Data items:
Content starts
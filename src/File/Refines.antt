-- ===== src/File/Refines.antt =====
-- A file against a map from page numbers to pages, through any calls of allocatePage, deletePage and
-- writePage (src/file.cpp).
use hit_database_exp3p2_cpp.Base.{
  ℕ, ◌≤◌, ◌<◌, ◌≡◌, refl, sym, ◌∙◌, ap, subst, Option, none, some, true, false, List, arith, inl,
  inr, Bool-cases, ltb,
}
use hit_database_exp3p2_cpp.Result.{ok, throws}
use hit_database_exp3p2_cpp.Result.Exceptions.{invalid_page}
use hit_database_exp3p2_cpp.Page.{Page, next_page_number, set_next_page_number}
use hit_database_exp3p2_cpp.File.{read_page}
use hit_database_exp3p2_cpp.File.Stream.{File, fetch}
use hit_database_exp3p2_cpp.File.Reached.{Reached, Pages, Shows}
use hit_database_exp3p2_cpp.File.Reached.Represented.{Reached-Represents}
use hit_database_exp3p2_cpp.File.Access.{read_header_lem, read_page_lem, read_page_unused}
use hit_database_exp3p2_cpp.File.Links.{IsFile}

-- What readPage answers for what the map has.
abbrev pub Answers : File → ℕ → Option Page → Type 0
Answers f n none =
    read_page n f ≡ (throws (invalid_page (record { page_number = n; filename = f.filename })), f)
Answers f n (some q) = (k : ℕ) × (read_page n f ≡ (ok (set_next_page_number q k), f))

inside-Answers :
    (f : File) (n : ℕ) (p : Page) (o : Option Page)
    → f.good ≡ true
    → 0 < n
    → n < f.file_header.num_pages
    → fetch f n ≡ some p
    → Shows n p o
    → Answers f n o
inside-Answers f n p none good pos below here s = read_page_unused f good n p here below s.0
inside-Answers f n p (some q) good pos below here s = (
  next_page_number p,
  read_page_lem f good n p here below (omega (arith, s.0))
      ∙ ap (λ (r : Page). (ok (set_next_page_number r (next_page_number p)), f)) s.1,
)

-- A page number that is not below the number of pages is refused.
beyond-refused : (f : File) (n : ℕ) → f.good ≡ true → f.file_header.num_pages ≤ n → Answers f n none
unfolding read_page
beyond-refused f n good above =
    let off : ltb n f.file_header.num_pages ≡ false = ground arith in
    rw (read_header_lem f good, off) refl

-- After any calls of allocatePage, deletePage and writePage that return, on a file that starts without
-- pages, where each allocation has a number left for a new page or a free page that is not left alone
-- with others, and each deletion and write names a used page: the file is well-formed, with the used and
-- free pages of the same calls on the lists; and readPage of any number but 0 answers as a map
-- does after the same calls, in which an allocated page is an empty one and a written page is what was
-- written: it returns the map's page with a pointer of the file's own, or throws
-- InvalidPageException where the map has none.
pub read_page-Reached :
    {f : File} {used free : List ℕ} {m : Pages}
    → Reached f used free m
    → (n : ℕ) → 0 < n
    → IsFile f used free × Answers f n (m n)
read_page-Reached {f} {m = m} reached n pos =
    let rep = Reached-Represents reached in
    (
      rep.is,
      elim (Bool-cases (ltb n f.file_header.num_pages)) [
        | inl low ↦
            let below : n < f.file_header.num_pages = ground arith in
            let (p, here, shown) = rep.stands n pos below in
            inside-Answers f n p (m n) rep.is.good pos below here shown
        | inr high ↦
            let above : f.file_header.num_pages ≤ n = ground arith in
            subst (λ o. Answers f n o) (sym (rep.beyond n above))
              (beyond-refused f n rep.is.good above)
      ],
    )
Content ends
■ **Work to be completed**: The answer should be the entries, given again without a single difference.

■ **Completed exercise**:
filename src/File/Refines.antt
-- ===== src/File/Refines.antt =====
-- A file against a map from page numbers to pages, through any calls of allocatePage, deletePage and
-- writePage (src/file.cpp).
use hit_database_exp3p2_cpp.Base.{
  ℕ, ◌≤◌, ◌<◌, ◌≡◌, refl, sym, ◌∙◌, ap, subst, Option, none, some, true, false, List, arith, inl,
  inr, Bool-cases, ltb,
}
use hit_database_exp3p2_cpp.Result.{ok, throws}
use hit_database_exp3p2_cpp.Result.Exceptions.{invalid_page}
use hit_database_exp3p2_cpp.Page.{Page, next_page_number, set_next_page_number}
use hit_database_exp3p2_cpp.File.{read_page}
use hit_database_exp3p2_cpp.File.Stream.{File, fetch}
use hit_database_exp3p2_cpp.File.Reached.{Reached, Pages, Shows}
use hit_database_exp3p2_cpp.File.Reached.Represented.{Reached-Represents}
use hit_database_exp3p2_cpp.File.Access.{read_header_lem, read_page_lem, read_page_unused}
use hit_database_exp3p2_cpp.File.Links.{IsFile}

-- What readPage answers for what the map has.
abbrev pub Answers : File → ℕ → Option Page → Type 0
Answers f n none =
    read_page n f ≡ (throws (invalid_page (record { page_number = n; filename = f.filename })), f)
Answers f n (some q) = (k : ℕ) × (read_page n f ≡ (ok (set_next_page_number q k), f))

inside-Answers :
    (f : File) (n : ℕ) (p : Page) (o : Option Page)
    → f.good ≡ true
    → 0 < n
    → n < f.file_header.num_pages
    → fetch f n ≡ some p
    → Shows n p o
    → Answers f n o
inside-Answers f n p none good pos below here s = read_page_unused f good n p here below s.0
inside-Answers f n p (some q) good pos below here s = (
  next_page_number p,
  read_page_lem f good n p here below (omega (arith, s.0))
      ∙ ap (λ (r : Page). (ok (set_next_page_number r (next_page_number p)), f)) s.1,
)

-- A page number that is not below the number of pages is refused.
beyond-refused : (f : File) (n : ℕ) → f.good ≡ true → f.file_header.num_pages ≤ n → Answers f n none
unfolding read_page
beyond-refused f n good above =
    let off : ltb n f.file_header.num_pages ≡ false = ground arith in
    rw (read_header_lem f good, off) refl

-- After any calls of allocatePage, deletePage and writePage that return, on a file that starts without
-- pages, where each allocation has a number left for a new page or a free page that is not left alone
-- with others, and each deletion and write names a used page: the file is well-formed, with the used and
-- free pages of the same calls on the lists; and readPage of any number but 0 answers as a map
-- does after the same calls, in which an allocated page is an empty one and a written page is what was
-- written: it returns the map's page with a pointer of the file's own, or throws
-- InvalidPageException where the map has none.
pub read_page-Reached :
    {f : File} {used free : List ℕ} {m : Pages}
    → Reached f used free m
    → (n : ℕ) → 0 < n
    → IsFile f used free × Answers f n (m n)
read_page-Reached {f} {m = m} reached n pos =
    let rep = Reached-Represents reached in
    (
      rep.is,
      elim (Bool-cases (ltb n f.file_header.num_pages)) [
        | inl low ↦
            let below : n < f.file_header.num_pages = ground arith in
            let (p, here, shown) = rep.stands n pos below in
            inside-Answers f n p (m n) rep.is.good pos below here shown
        | inr high ↦
            let above : f.file_header.num_pages ≤ n = ground arith in
            subst (λ o. Answers f n o) (sym (rep.beyond n above))
              (beyond-refused f n rep.is.good above)
      ],
    )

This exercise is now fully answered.